10900k TDP 125w vs 5950x TDP 105w


----------



## The red spirit (Jun 16, 2021)

Both have adjustable TDP, but Intel's adjustments are better implemented. If you disable some cores and adjust TDP, as long as you don't mine with CPU, both are fine. I personally would use 10900K, leave 6 cores enabled and set PL1 to 25 watts, PL2 to 30 watts and Tau to 16 seconds.


----------



## yotano211 (Jun 16, 2021)

mrthanhnguyen said:


> I have intel 10900k and 5950x. Which one should I put 2x 3090 to mine btc? Which one use less power? Thanks.


mining btc only works with ASIC machines. graphics cards stopped being profitable mining btc maybe 8 years ago. 
It depends on the coin you are mining. Tell us what coin are you thinking of mining. 
If its ETH, the processor will not be used. I can mine ETH with a dual core processor from 3-4 years ago and still get the same mining speed of a 10850k.


----------



## ShiBDiB (Jun 16, 2021)

yotano211 said:


> mining btc only works with ASIC machines. graphics cards stopped being profitable mining btc maybe 8 years ago.
> It depends on the coin you are mining. Tell us what coin are you thinking of mining.
> If its ETH, the processor will not be used. I can mine ETH with a dual core processor from 3-4 years ago and still get the same mining speed of a 10850k.



This, monero is the big cpu coin from what I know. Bitcoin is a waste unless you have an asic, ether will be a waste soon as well once they go to PoS.

If you're spending scalper prices on those 3090's right now with the plan being mining, you're in for a rude awakening.


----------



## Zach_01 (Jun 16, 2021)

mrthanhnguyen said:


> I have intel 10900k and 5950x. Which one should I put 2x 3090 to mine btc? Which one use less power? Thanks.

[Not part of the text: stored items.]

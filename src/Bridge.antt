-- ===== src/Bridge.antt =====
-- The parts of the bridge around the route table that they share (src/main.rs hands one router to
-- all of them): webhooks of push mode, cycles of pull mode, requests of the admin API, rounds of the
-- health checker, events of the watcher and edits of the routes file, in any order.
pub mod Webhooks
pub mod Pulls
pub mod Removals
pub mod Requests
use amail_bridge.Common.{ℕ, Bool, Option, List}
use amail_bridge.Std.Text.{Text}
use amail_bridge.Std.Dict.{Dict}
use amail_bridge.Std.Ip.{IpAddr}
use amail_bridge.Config.{BridgeConfig, PullSystemConfig}
use amail_bridge.Http.{Json, HeaderLib, Client}
use amail_bridge.Router.Table.{Crates, ProfileRouter, new_router, load_from_file, on_event}
use amail_bridge.Router.Steps.{
  IsWellFormed, Reachable, next, start, loads, watches, edits, Reachable-IsWellFormed,
}
use amail_bridge.Push.Webhook.{handle_webhook}
use amail_bridge.Pull.Forward.{Outside}
use amail_bridge.Pull.{PullState, cycle}
use amail_bridge.Health.{Network, check_routes}
use amail_bridge.Admin.{AdminRequest, serve}
use amail_bridge.Bridge.Webhooks.{handle_webhook-Reachable}
use amail_bridge.Bridge.Pulls.{router_after, cycle-Reachable}
use amail_bridge.Bridge.Removals.{check_routes-Reachable, serve-Reachable}

module _ (C : Crates) (J : Json) (H : HeaderLib) (N : Client H.Map) (O : Outside)
    (T : Network) where
  -- One turn of a part of the bridge, as far as the route table is concerned.
  pub data Turn : ProfileRouter C.Regex → ProfileRouter C.Regex → Type 0 where
    webhook :
        (names : List H.Name) (headers : H.Map) (body : Text) (world : N.World)
        (r : ProfileRouter C.Regex)
        → Turn r
            (handle_webhook C J H N names headers body
              (record { router = r; world = world })).1.router
    pulls :
        (cfg : PullSystemConfig) (shutdown : Bool) (s : PullState C O)
        → Turn s.router (router_after C O (cycle C O cfg shutdown s))
    admin :
        (cfg : BridgeConfig) (peer : Option IpAddr) (request : AdminRequest)
        (r : ProfileRouter C.Regex)
        → Turn r (serve C cfg peer request r).1
    probes :
        (threshold : ℕ) (failures : Dict Text ℕ) (world : T.World) (r : ProfileRouter C.Regex)
        → Turn r (check_routes T C threshold r failures world).0.0
    watcher : (named : Bool) (r : ProfileRouter C.Regex) → Turn r (on_event C named r)
    edit :
        (file : Option Text) (writable : Bool) (r : ProfileRouter C.Regex)
        → Turn r (record r { file = file; writable = writable })

  -- The tables of a bridge that has started and made any turns.
  pub data Running : ProfileRouter C.Regex → Type 0 where
    boot :
        (file : Option Text) (writable : Bool)
        → Running (load_from_file C (new_router C file writable))
    turn : {r r' : ProfileRouter C.Regex} → Running r → Turn r r' → Running r'

  Turn-Reachable : {r r' : ProfileRouter C.Regex} → Turn r r' → Reachable C r → Reachable C r'
  Turn-Reachable (webhook names headers body world r) h =
      handle_webhook-Reachable C J H N names headers body (record { router = r; world = world }) h
  Turn-Reachable (pulls cfg shutdown s) h = cycle-Reachable C O cfg shutdown s h
  Turn-Reachable (admin cfg peer request r) h = serve-Reachable C cfg peer request r h
  Turn-Reachable (probes threshold failures world r) h =
      check_routes-Reachable T C threshold r failures world h
  Turn-Reachable (watcher named r) h = next h (watches named r)
  Turn-Reachable (edit file writable r) h = next h (edits file writable r)

  Running-Reachable : {r : ProfileRouter C.Regex} → Running r → Reachable C r
  Running-Reachable (boot file writable) = next (start file writable) (loads _)
  Running-Reachable (turn running step) = Turn-Reachable step (Running-Reachable running)

  -- Whatever turns the webhooks, the pull loops, the admin API, the health checker, the watcher and
  -- editors of the file take, in any order: every email has at most one route in the shared table,
  -- each route is stored under its own email, and the watcher's guard is not left set.
  pub Running-IsWellFormed : {r : ProfileRouter C.Regex} → Running r → IsWellFormed C r
  Running-IsWellFormed running = Reachable-IsWellFormed C (Running-Reachable running)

Won’t make much of a deference which CPU you’ll use to mine with GPUs. On a GPU mining system the CPU is almost idling completely on a modern multi core system. So really has no meaning. Both CPUs are idling pretty low on power.
It all comes to rest of system power usage. This can’t be determined by me right now. It depends on a lot of things. Still the differences won’t be that significant. Even 20-30W more or less is really nothing. It’s about 15-20KW/h per month difference.


----------



## phill (Jun 16, 2021)

Use a dual core Pentium or Celeron based system, they seem to work well


----------



## delshay (Jun 16, 2021)

yotano211 said:


> mining btc only works with ASIC machines. graphics cards stopped being profitable mining btc maybe 8 years ago.
> It depends on the coin you are mining. Tell us what coin are you thinking of mining.
> If its ETH, the processor will not be used. I can mine ETH with a dual core processor from 3-4 years ago and still get the same mining speed of a 10850k.



I know nothing about mining but I have a question.

You said you can mine on dual core. What processor is this?


----------



## yotano211 (Jun 16, 2021)

I used to use the g3900 and g3920. Those where about $35-40 3 years ago. I didn't mine with the processor, I mined with only the gpu, some of my mining machines had 8 gpus, most had 6.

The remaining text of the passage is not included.